This is pinkbike right?


----------



## ????? (Jan 29, 2008)

http://www.sicklines.com/2008/12/21/boxxer-direct-mount-stems/

I'm still deciding if this stem is going to be too short or not. I want it, however I'd probably have already ordered it if it was 50mm. I'm interested to see what changes a 28mm stem would make to the bike.


----------



## SamL3227 (May 30, 2004)

more bikes, less broccoli


----------



## brillantesdv (Oct 24, 2007)

????? said:


> http://www.sicklines.com/2008/12/21/boxxer-direct-mount-stems/
> 
> I'm still deciding if this stem is going to be too short or not. I want it, however I'd probably have already ordered it if it was 50mm. I'm interested to see what changes a 28mm stem would make to the bike.


it will make the cockpit 22mm shorter...


----------



## cyrix (Jan 29, 2008)

Orange-Goblin said:


> Dammit. you got me there. Fair play!
> 
> Now can't we all just get along!!!?


Sure. Trust me, that post isn't any worse than some of the stuff I post if I'm drunk....oh god....


----------



## ????? (Jan 29, 2008)

brillantesdv said:


> it will make the cockpit 22mm shorter...


Yep... too bad I can't just hold my hands back 22mm to see if I like that while I'm riding.


----------



## Prettym1k3 (Oct 11, 2005)

Raptordude said:


> Here's mine:


FACK! I was there Thursday night!

Where were YOU, you slacker?

I'll be there this Thursday too. :thumbsup:


----------



## Captain Snakebite (Aug 17, 2004)

Whats going on? Lots of math and food????


----------



## scooter916 (Jan 2, 2006)

drunk posts are great


----------



## Orange-Goblin (Jan 27, 2008)

cyrix said:


> Sure. Trust me, that post isn't any worse than some of the stuff I post if I'm drunk....oh god....


Yeah i meant if he went from a 70mm to a 50mm it'd be 20mm shorter, but obviously got fixated on the 20.....! ha ha! It was late!!!


----------



## Raptordude (Mar 30, 2004)

Prettym1k3 said:


> FACK! I was there Thursday night!
> 
> Where were YOU, you slacker?
> 
> I'll be there this Thursday too. :thumbsup:


I cheated on UC with Chilis. I think I'll go Thursday though...we'll see what happens.


----------



## Prettym1k3 (Oct 11, 2005)

scooter916 said:


> drunk posts are great


26.5 years.... and never had a drink. :thumbsup:

Raptor, we'll be there. I'm riding that night, but will be at UC by 10pm.

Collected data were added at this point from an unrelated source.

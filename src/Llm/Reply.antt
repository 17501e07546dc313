-- ===== src/Llm/Reply.antt =====
-- The whole answers: `chat` of the three kinds of provider, on the body of a response. Each exception
-- of reading a body is caught there, as an unreadable reply.
use edtech_back.Base.{
  ℕ, Bool, true, false, ◌&&◌, ◌||◌, Option, none, some, List, [], ◌∷◌, ◌++◌, Text, codes, nonempty,
  strip, if◌then◌else◌,
}
use edtech_back.Llm.{Kind, unavailable, raise_for_status, TransportFailure, transport_error}
use edtech_back.Llm.Json.{Json, Items, Fields, at_key, at_start, get_field, or_null, is_string}
use edtech_back.Llm.Stream.{◌>>=◌}
use edtech_back.Llm.Chain.{Reply, answer, refused}
pub mod Handled

-- what the network gives for a question that is not streamed
pub data FetchedBody : Type 0 where
  no_body : TransportFailure → FetchedBody
  body : ℕ → Text → FetchedBody

-- the text of a reply, stripped, if it has one
unfoldable pub reply_of : Option Text → Reply
reply_of none = refused unavailable
reply_of (some text) =
    let stripped = strip text in if nonempty stripped then answer stripped else refused unavailable

abbrev pub string_of : Option Json → Option Text
string_of (some (Json.string s)) = some s
string_of _ = none

-- `["choices"][0]["message"]["content"]`
unfoldable pub completion_text : Json → Option Text
completion_text obj = string_of (
    at_key (codes "choices") obj
    >>= at_start
    >>= at_key (codes "message")
    >>= at_key (codes "content"))

-- the text of two parts, if both have one
abbrev pub join_texts : Option Text → Option Text → Option Text
join_texts (some a) (some b) = some (a ++ b)
join_texts _ _ = none

-- `block.get("text", "")` of a dict
unfoldable pub text_of : Json → Option Text
text_of block = elim (at_key (codes "text") block) [
  | none ↦ some []
  | some text ↦ string_of (some text)
]

-- the texts of the blocks that are dicts
unfoldable pub blocks_text : Items → Option Text
blocks_text Items.no_item = some []
blocks_text (Items.item (Json.object fs) blocks) =
    join_texts (text_of (Json.object fs)) (blocks_text blocks)
blocks_text (Items.item _ blocks) = blocks_text blocks

-- `["content"]` of the Messages API
unfoldable pub message_text : Json → Option Text
message_text obj = elim (at_key (codes "content") obj) [
  | some (Json.array blocks) ↦ blocks_text blocks
  | _ ↦ none
]

-- what a `for` goes through; the characters of a string and the keys of a dict have no `get`
unfoldable pub items_of : Json → Option Items
items_of (Json.array items) = some items
items_of (Json.string s) = if nonempty s then none else some Items.no_item
items_of (Json.object Fields.no_field) = some Items.no_item
items_of _ = none

-- the output text of the parts of an item
unfoldable pub parts_text : Items → Option Text
parts_text Items.no_item = some []
parts_text (Items.item part parts) = elim (get_field (codes "type") part) [
  | none ↦ none
  | some kind ↦
      if is_string (codes "output_text") kind
      then join_texts (text_of part) (parts_text parts)
      else parts_text parts
]

-- `item.get("content", [])`
unfoldable pub content_of : Json → Option Items
content_of (Json.object fs) = elim (at_key (codes "content") (Json.object fs)) [
  | none ↦ some Items.no_item
  | some content ↦ items_of content
]
content_of _ = none

unfoldable pub outputs_text : Items → Option Text
outputs_text Items.no_item = some []
outputs_text (Items.item output outputs) = elim (content_of output) [
  | none ↦ none
  | some parts ↦ join_texts (parts_text parts) (outputs_text outputs)
]

-- `["output"]` of the Responses API
unfoldable pub response_text : Json → Option Text
response_text obj = elim (at_key (codes "output") obj) [
  | none ↦ none
  | some output ↦ elim (items_of output) [ none ↦ none | some outputs ↦ outputs_text outputs ]
]

module _ (json_loads : Text → Option Json) where
  unfoldable pub chat_with : (Json → Option Text) → FetchedBody → Reply
  chat_with read (no_body failure) = refused (transport_error failure)
  chat_with read (body code content) = elim (raise_for_status code) [
    | some kind ↦ refused kind
    | none ↦ elim (json_loads content) [
      | none ↦ refused unavailable
      | some obj ↦ reply_of (read obj)
    ]
  ]

  -- `OpenAICompatProvider.chat`, by way of the Responses API or not
  unfoldable pub chat_openai : Bool → FetchedBody → Reply
  chat_openai use_responses_api fetched =
      if use_responses_api
      then chat_with response_text fetched
      else chat_with completion_text fetched

  -- `AnthropicProvider.chat`
  unfoldable pub chat_anthropic : FetchedBody → Reply
  chat_anthropic = chat_with message_text
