-- ===== src/Llm/Reply/Handled.antt =====
-- The whole answers of the providers, and how they fail.
use edtech_back.Base.{
  ℕ, ◌≡◌, refl, Bool, true, false, Option, none, some, Text, codes, text_eq, contains_text,
  nonempty, strip, arith, Bool-cases, Option-cases, inl, inr,
}
use edtech_back.Llm.{Kind, unavailable, raise_for_status, is_retryable, TransportFailure}
use edtech_back.Llm.Json.{Json}
use edtech_back.Llm.Chain.{Reply, answer, refused}
use edtech_back.Llm.Reply.{
  FetchedBody, no_body, body, reply_of, chat_with, chat_openai, chat_anthropic,
}

-- the kinds that the code raises
retryable :
    (is_retryable (codes "auth") ≡ true)
    × (is_retryable (codes "rate_limit") ≡ true)
    × (is_retryable unavailable ≡ true)
    × (is_retryable (codes "bad_request") ≡ true)
    × (is_retryable (codes "timeout") ≡ true)
unfolding is_retryable contains_text text_eq
retryable = (refl, refl, refl, refl, refl)

raise_for_status-is_retryable :
    (code : ℕ) {kind : Kind} → raise_for_status code ≡ some kind → is_retryable kind ≡ true
unfolding raise_for_status
raise_for_status-is_retryable code {kind} h = ground (arith, retryable)

-- an answer with content, or a failure that the chain goes on from
abbrev pub is_handled : Reply → Bool
is_handled (answer text) = nonempty text
is_handled (refused kind) = is_retryable kind

reply_of-is_handled : (text : Option Text) → is_handled (reply_of text) ≡ true
unfolding reply_of
reply_of-is_handled none = retryable.2
reply_of-is_handled (some text) = elim (Bool-cases (nonempty (strip text))) [
  | inl full ↦ rw (full, is_handled) full
  | inr blank ↦ rw (blank, is_handled) retryable.2
]

module _ (json_loads : Text → Option Json) where
  chat_with-is_handled :
      (read : Json → Option Text) (fetched : FetchedBody)
      → is_handled (chat_with json_loads read fetched) ≡ true
  unfolding chat_with
  chat_with-is_handled read (no_body TransportFailure.timed_out) = retryable.4
  chat_with-is_handled read (no_body TransportFailure.broke) = retryable.2
  chat_with-is_handled read (body code content) = elim (Option-cases (raise_for_status code)) [
    | inr (kind, raised) ↦
        rw (raised, chat_with, is_handled) (raise_for_status-is_retryable code raised)
    | inl accepted ↦ elim (Option-cases (json_loads content)) [
      | inl unread ↦ rw (accepted, unread, chat_with, is_handled) retryable.2
      | inr (obj, e) ↦ rw (accepted, e, chat_with, is_handled) (reply_of-is_handled (read obj))
    ]
  ]

  -- Whatever the network and the body of the response are, a provider that is asked for a whole
  -- answer either gives a text that is not blank or fails in a way that the chain goes on from.
  pub chat-is_handled :
      (use_responses_api : Bool) (fetched : FetchedBody)
      → (is_handled (chat_openai json_loads use_responses_api fetched) ≡ true)
        × (is_handled (chat_anthropic json_loads fetched) ≡ true)
  unfolding chat_openai chat_anthropic
  chat-is_handled true fetched = (chat_with-is_handled _ fetched, chat_with-is_handled _ fetched)
  chat-is_handled false fetched = (chat_with-is_handled _ fetched, chat_with-is_handled _ fetched)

UC = University Chicken. Not to be confused with UCSC.


----------



## Munin2889 (Jun 24, 2006)

SamL3227 said:


> more bikes, less broccoli


PrettyM1k3 ? :thumbsup:


----------



## Prettym1k3 (Oct 11, 2005)

Munin2889 said:


> PrettyM1k3 ? :thumbsup:


That is my HEAVEN. :arf: :arf: :arf: :arf: :arf: :arf: :arf: :arf: :arf: :arf: :arf: :arf: :arf: :arf: :arf: :arf:


----------



## his dudeness (May 9, 2007)

Prettym1k3 said:


> That is my HEAVEN. :arf: :arf: :arf: :arf: :arf: :arf: :arf: :arf: :arf: :arf: :arf: :arf: :arf: :arf: :arf: :arf:


Funny, that's what you said when you started talking about grundles... you made that face too.


----------



## Prettym1k3 (Oct 11, 2005)

his dudeness said:


> Funny, that's what you said when you started talking about grundles... you made that face too.

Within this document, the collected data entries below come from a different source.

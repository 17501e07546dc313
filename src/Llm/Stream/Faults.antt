-- ===== src/Llm/Stream/Faults.antt =====
-- The streamed answers of the chat-completions kind, and the failures that are reported inside
-- them.
use edtech_back.Base.{
  ℕ, ◌≡◌, refl, Bool, true, false, not, ◌&&◌, ◌||◌, Option, none, some, List, [], ◌∷◌, Text, codes,
  text_eq, all, ◌⊎◌, arith, Bool-cases, Option-cases, inl, inr,
}
use edtech_back.Llm.{unavailable, raise_for_status, TransportFailure}
use edtech_back.Llm.Json.{Json, is_truthy}
use edtech_back.Llm.Stream.{
  Ending, crashed, failed, skip, chunk, is_stream_error, yield_truthy, yield_found, delta_content,
  completion_event, data_of, line_event, read_lines, Fetched, no_response, response, stream_with,
  stream_completions,
}

yield_found-cases :
    (found : Option Json)
    → (yield_found found ≡ skip)
      ⊎ ((j : Json) × (is_truthy j ≡ true) × (yield_found found ≡ chunk j))
unfolding yield_truthy
yield_found-cases none = inl refl
yield_found-cases (some j) = elim (Bool-cases (is_truthy j)) [
  | inl full ↦ inr (j, full, rw full refl)
  | inr empty ↦ inl (rw empty refl)
]

abbrev pub is_crashed : Ending → Bool
is_crashed crashed = true
is_crashed _ = false

module _ (json_loads : Text → Option Json) where
  -- a line that is the mark of the end
  unfoldable pub is_done : Text → Bool
  is_done line = elim (data_of line) [ none ↦ false | some d ↦ text_eq d (codes "[DONE]") ]

  -- a line whose object reports a failure
  unfoldable pub is_fault : Text → Bool
  is_fault line = elim (data_of line) [
    | none ↦ false
    | some d ↦ elim (json_loads d) [ none ↦ false | some obj ↦ is_stream_error obj ]
  ]

  -- a failure is reported before the mark of the end
  unfoldable pub has_fault : List Text → Bool
  has_fault [] = false
  has_fault (line ∷ lines) = not (is_done line) && (is_fault line || has_fault lines)

  module _ (failure : Option TransportFailure) where
    read_lines-fault :
        (lines : List Text)
        → has_fault lines ≡ true
        → (read_lines (line_event json_loads true completion_event) lines failure).ends
          ≡ failed unavailable
    unfolding has_fault is_fault is_done read_lines line_event completion_event yield_truthy
    read_lines-fault [] h = cc
    read_lines-fault (line ∷ lines) h = elim (Option-cases (data_of line)) [
      | inl none_there ↦ ground (arith, read_lines-fault lines)
      | inr (d, e) ↦ elim (Bool-cases (text_eq d (codes "[DONE]"))) [
        | inl mark ↦ absurd (ground arith)
        | inr open_line ↦ elim (Option-cases (json_loads d)) [
          | inl unread ↦ ground (arith, read_lines-fault lines)
          | inr (obj, r) ↦ elim (Bool-cases (is_stream_error obj)) [
            | inl report ↦ ground arith
            | inr plain ↦
                let rest = read_lines-fault lines (ground arith) in
                elim (yield_found-cases (delta_content obj)) [
                  | inl nothing ↦ ground arith
                  | inr (j, full, yielded) ↦ ground arith
                ]
          ]
        ]
      ]
    ]

    read_lines-clean :
        (lines : List Text)
        → let read = read_lines (line_event json_loads true completion_event) lines failure in
          (is_crashed read.ends ≡ false) × (all is_truthy read.chunks ≡ true)
    unfolding read_lines line_event completion_event all
    read_lines-clean [] = elim (Option-cases failure) [
      | inl whole ↦ rw whole (refl, refl)
      | inr (cut, e) ↦ rw e (refl, refl)
    ]
    read_lines-clean (line ∷ lines) =
        let rest = read_lines-clean lines in
        elim (Option-cases (data_of line)) [
          | inl none_there ↦ (ground arith, ground arith)
          | inr (d, e) ↦ elim (Bool-cases (text_eq d (codes "[DONE]"))) [
            | inl mark ↦ (ground arith, ground arith)
            | inr open_line ↦ elim (Option-cases (json_loads d)) [
              | inl unread ↦ (ground arith, ground arith)
              | inr (obj, r) ↦ elim (Bool-cases (is_stream_error obj)) [
                | inl report ↦ (ground arith, ground arith)
                | inr plain ↦ elim (yield_found-cases (delta_content obj)) [
                  | inl nothing ↦ (ground arith, ground arith)
                  | inr (j, full, yielded) ↦ (ground arith, ground arith)
                ]
              ]
            ]
          ]
        ]

  -- An answer of the chat completions in whose lines, before the mark of the end, the provider
  -- reports a failure ends as unavailable, whatever came before and however the connection ends.
  pub stream_completions-fault :
      (code : ℕ) (lines : List Text) (failure : Option TransportFailure)
      → raise_for_status code ≡ none
      → has_fault lines ≡ true
      → (stream_completions json_loads (response code lines failure)).ends ≡ failed unavailable
  unfolding stream_completions stream_with
  stream_completions-fault code lines failure accepted fault =
      let read = read_lines-fault failure lines fault in ground arith

  -- Whatever the network gives, a streamed answer of the chat completions ends by itself or by an
  -- error that the chain of providers handles, and every chunk of it has content.
  pub stream_completions-clean :
      (fetched : Fetched)
      → (is_crashed (stream_completions json_loads fetched).ends ≡ false)
        × (all is_truthy (stream_completions json_loads fetched).chunks ≡ true)
  unfolding stream_completions stream_with all
  stream_completions-clean (no_response failure) = (refl, refl)
  stream_completions-clean (response code lines failure) =
      elim (Option-cases (raise_for_status code)) [
        | inl accepted ↦ (let c = read_lines-clean failure lines in (ground arith, ground arith))
        | inr (kind, refused) ↦ (ground arith, ground arith)
      ]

Taints, grundles, The Garden of Eden and Broccoli... it's all the same.

They're all wonderful.


----------



## straitline (Sep 12, 2006)

*how does broccli come into play...?*



Prettym1k3 said:


> That is my HEAVEN. :arf: :arf: :arf: :arf: :arf: :arf: :arf: :arf: :arf: :arf: :arf: :arf: :arf: :arf: :arf: :arf:


This thread went sideways fast huh. lol. Thats why i never enter threads people start talking about squirrels and cement trucks vs backhoes. Boats and Hoes!

The basic thread was will this stem shorten up my cockpit... yep. Not for everyones set up buyer beware but we wanted to fill a needed niche market. A lot of OEM deals came to the table and a lot of DH teams are wanting to ride a cockpit set up like this. It will make a agressive stance kind of like swapping out the bus steering wheel for a small tight race wheel and rallying the bus like Otto would!

Ideally you would have access to say a 60 mm stem /standard pinch and find a shorter one to try and do laps on your favorite track and notice the differences and figure out what works best for your style.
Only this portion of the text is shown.